All that should appear is the run of lines from the one containing "round-IsAligned choice m" through the end of the records, each repeated exactly.

Provided material START

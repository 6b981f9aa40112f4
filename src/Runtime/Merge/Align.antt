-- ===== src/Runtime/Merge/Align.antt =====
-- The alignment of barriers in merge.rs: what every round keeps, when both inputs carry the same
-- barriers.
use mathlib.Core.List.{append-nil, append_assoc}
use flume_rs.Base.{
  min, ◌≡◌, refl, List, [], ◌∷◌, ◌++◌, Bool, true, false, Option, none, some, arith,
}
use flume_rs.Core.Record.{CheckpointBarrier, StreamElement, rec, watermark, checkpoint_barrier}
use flume_rs.Core.Result.{for_each}
use flume_rs.Core.Collector.{recorder}
use flume_rs.Runtime.Merge.Views.{Output}
use flume_rs.Runtime.Merge.Cuts.{
  unwatermarked, barriers, held_element, held, left_view, right_view, left_view-append,
  right_view-append,
}
use flume_rs.Runtime.Merge.Step.{IsValid}
use flume_rs.Runtime.Merge.{
  Side, first, second, Merge, tag1, tag2, handle_element1, handle_element2, try_flush_barriers,
  wait_for_1, wait_for_2, read_1, read_2, read_open, dispatch, round, initial,
}

module _ {A B : Type 0} (all1 : List (StreamElement A)) (all2 : List (StreamElement B)) where
  -- What was sent, what is held back and what is still to come make up each input.
  pub record IsAligned (m : Merge A B) (sent : Output A B) : Type 0 where
    pub seen1 :
        left_view sent ++ (held_element m.pending_barrier_from_1 ++ unwatermarked m.input1)
        ≡ unwatermarked all1
    pub seen2 :
        right_view sent ++ (held_element m.pending_barrier_from_2 ++ unwatermarked m.input2)
        ≡ unwatermarked all2
    pub same :
        held m.pending_barrier_from_1 ++ barriers m.input1
        ≡ held m.pending_barrier_from_2 ++ barriers m.input2

  read_1-IsAligned :
      (m : Merge A B) (sent : Output A B) (xs : List (StreamElement A))
      → m.input1 ≡ xs
      → IsAligned m sent
      → m.pending_barrier_from_1 ≡ none
      → m.pending_barrier_from_2 ≡ none
      → let s = (read_1 recorder (m, sent)).1 in IsAligned s.0 s.1
  unfolding read_1 handle_element1
  read_1-IsAligned m sent [] e v p q = ground arith
  read_1-IsAligned m sent (rec r ∷ xs) e v p q = ground (
    arith,
    left_view-append sent (tag1 r ∷ []),
    right_view-append sent (tag1 r ∷ []),
    append_assoc (left_view sent) (rec r ∷ []) (unwatermarked xs),
    append-nil (right_view sent),
  )
  read_1-IsAligned m sent (watermark w ∷ xs) e v p q = ground (
    arith,
    left_view-append sent (watermark (record { timestamp = min w.timestamp m.watermark2 }) ∷ []),
    right_view-append sent (watermark (record { timestamp = min w.timestamp m.watermark2 }) ∷ []),
    append-nil (left_view sent),
    append-nil (right_view sent),
  )
  read_1-IsAligned m sent (checkpoint_barrier b ∷ xs) e v p q = ground arith

  read_2-IsAligned :
      (m : Merge A B) (sent : Output A B) (xs : List (StreamElement B))
      → m.input2 ≡ xs
      → IsAligned m sent
      → m.pending_barrier_from_1 ≡ none
      → m.pending_barrier_from_2 ≡ none
      → let s = (read_2 recorder (m, sent)).1 in IsAligned s.0 s.1
  unfolding read_2 handle_element2
  read_2-IsAligned m sent [] e v p q = ground arith
  read_2-IsAligned m sent (rec r ∷ xs) e v p q = ground (
    arith,
    right_view-append sent (tag2 r ∷ []),
    left_view-append sent (tag2 r ∷ []),
    append_assoc (right_view sent) (rec r ∷ []) (unwatermarked xs),
    append-nil (left_view sent),
  )
  read_2-IsAligned m sent (watermark w ∷ xs) e v p q = ground (
    arith,
    left_view-append sent (watermark (record { timestamp = min m.watermark1 w.timestamp }) ∷ []),
    right_view-append sent (watermark (record { timestamp = min m.watermark1 w.timestamp }) ∷ []),
    append-nil (left_view sent),
    append-nil (right_view sent),
  )
  read_2-IsAligned m sent (checkpoint_barrier b ∷ xs) e v p q = ground arith

  wait_for_1-IsAligned :
      (m : Merge A B) (sent : Output A B) (xs : List (StreamElement A)) (b : CheckpointBarrier)
      → m.input1 ≡ xs
      → m.buffer1 ≡ []
      → m.buffer2 ≡ []
      → IsAligned m sent
      → m.pending_barrier_from_2 ≡ some b
      → m.pending_barrier_from_1 ≡ none
      → let s = (wait_for_1 recorder (m, sent)).1 in IsAligned s.0 s.1
  unfolding wait_for_1 handle_element1 try_flush_barriers for_each
  wait_for_1-IsAligned m sent [] b e x y v p q = absurd (ground (arith, v.same))
  wait_for_1-IsAligned m sent (rec r ∷ xs) b e x y v p q = ground (
    arith,
    left_view-append sent (tag1 r ∷ []),
    right_view-append sent (tag1 r ∷ []),
    append_assoc (left_view sent) (rec r ∷ []) (unwatermarked xs),
    append-nil (right_view sent),
  )
  wait_for_1-IsAligned m sent (watermark w ∷ xs) b e x y v p q = ground (
    arith,
    left_view-append sent (watermark (record { timestamp = min w.timestamp m.watermark2 }) ∷ []),
    right_view-append sent (watermark (record { timestamp = min w.timestamp m.watermark2 }) ∷ []),
    append-nil (left_view sent),
    append-nil (right_view sent),
  )
  wait_for_1-IsAligned m sent (checkpoint_barrier c ∷ xs) b e x y v p q = ground (
    arith,
    left_view-append sent (checkpoint_barrier c ∷ []),
    right_view-append sent (checkpoint_barrier c ∷ []),
    append_assoc (right_view sent) (checkpoint_barrier c ∷ []) (unwatermarked m.input2),
    append_assoc (left_view sent) (checkpoint_barrier c ∷ []) (unwatermarked xs),
  )

  wait_for_2-IsAligned :
      (m : Merge A B) (sent : Output A B) (xs : List (StreamElement B)) (b : CheckpointBarrier)
      → m.input2 ≡ xs
      → m.buffer1 ≡ []
      → m.buffer2 ≡ []
      → IsAligned m sent
      → m.pending_barrier_from_1 ≡ some b
      → m.pending_barrier_from_2 ≡ none
      → let s = (wait_for_2 recorder (m, sent)).1 in IsAligned s.0 s.1
  unfolding wait_for_2 handle_element2 try_flush_barriers for_each
  wait_for_2-IsAligned m sent [] b e x y v p q = absurd (ground (arith, v.same))
  wait_for_2-IsAligned m sent (rec r ∷ xs) b e x y v p q = ground (
    arith,
    right_view-append sent (tag2 r ∷ []),
    left_view-append sent (tag2 r ∷ []),
    append_assoc (right_view sent) (rec r ∷ []) (unwatermarked xs),
    append-nil (left_view sent),
  )
  wait_for_2-IsAligned m sent (watermark w ∷ xs) b e x y v p q = ground (
    arith,
    left_view-append sent (watermark (record { timestamp = min m.watermark1 w.timestamp }) ∷ []),
    right_view-append sent (watermark (record { timestamp = min m.watermark1 w.timestamp }) ∷ []),
    append-nil (left_view sent),
    append-nil (right_view sent),
  )
  wait_for_2-IsAligned m sent (checkpoint_barrier c ∷ xs) b e x y v p q = ground (
    arith,
    left_view-append sent (checkpoint_barrier b ∷ []),
    right_view-append sent (checkpoint_barrier b ∷ []),
    append_assoc (left_view sent) (checkpoint_barrier b ∷ []) (unwatermarked m.input1),
    append_assoc (right_view sent) (checkpoint_barrier b ∷ []) (unwatermarked xs),
  )

  read_open-IsAligned :
      (choice : Side) (m : Merge A B) (sent : Output A B) (o1 o2 : Bool)
      → IsAligned m sent
      → m.pending_barrier_from_1 ≡ none
      → m.pending_barrier_from_2 ≡ none
      → let s = (read_open recorder choice o1 o2 (m, sent)).1 in IsAligned s.0 s.1
  read_open-IsAligned first m sent true true v p q = read_1-IsAligned m sent m.input1 refl v p q
  read_open-IsAligned second m sent true true v p q = read_2-IsAligned m sent m.input2 refl v p q
  read_open-IsAligned choice m sent true false v p q = read_1-IsAligned m sent m.input1 refl v p q
  read_open-IsAligned choice m sent false true v p q = read_2-IsAligned m sent m.input2 refl v p q
  read_open-IsAligned choice m sent false false v p q = v

  dispatch-IsAligned :
      (choice : Side) (m : Merge A B) (sent : Output A B) (p1 p2 : Option CheckpointBarrier)
      → m.pending_barrier_from_1 ≡ p1
      → m.pending_barrier_from_2 ≡ p2
      → IsValid all1 all2 m sent
      → IsAligned m sent
      → let s = (dispatch recorder choice p1 p2 (m, sent)).1 in IsAligned s.0 s.1
  dispatch-IsAligned choice m sent none none p q i v =
      read_open-IsAligned choice m sent m.input1_open m.input2_open v p q
  dispatch-IsAligned choice m sent none (some b) p q i v =
      wait_for_1-IsAligned m sent m.input1 b refl i.unbuffered1 i.unbuffered2 v q p
  dispatch-IsAligned choice m sent (some b) none p q i v =
      wait_for_2-IsAligned m sent m.input2 b refl i.unbuffered1 i.unbuffered2 v p q
  dispatch-IsAligned choice m sent (some b) (some c) p q i v = absurd (ground (arith, i.one_waits))

  pub round-IsAligned :
      (choice : Side) (m : Merge A B) (sent : Output A B)
      → IsValid all1 all2 m sent
      → IsAligned m sent
      → let s = (round recorder choice (m, sent)).1 in IsAligned s.0 s.1
  unfolding round
  round-IsAligned choice m sent i v =
      dispatch-IsAligned choice m sent m.pending_barrier_from_1 m.pending_barrier_from_2 refl refl i
        v

  pub initial-IsAligned : barriers all1 ≡ barriers all2 → IsAligned (initial all1 all2) []
  initial-IsAligned h = ground arith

Provided material END

Result of the exercise:
  round-IsAligned choice m sent i v =
      dispatch-IsAligned choice m sent m.pending_barrier_from_1 m.pending_barrier_from_2 refl refl i
        v

  pub initial-IsAligned : barriers all1 ≡ barriers all2 → IsAligned (initial all1 all2) []
  initial-IsAligned h = ground arith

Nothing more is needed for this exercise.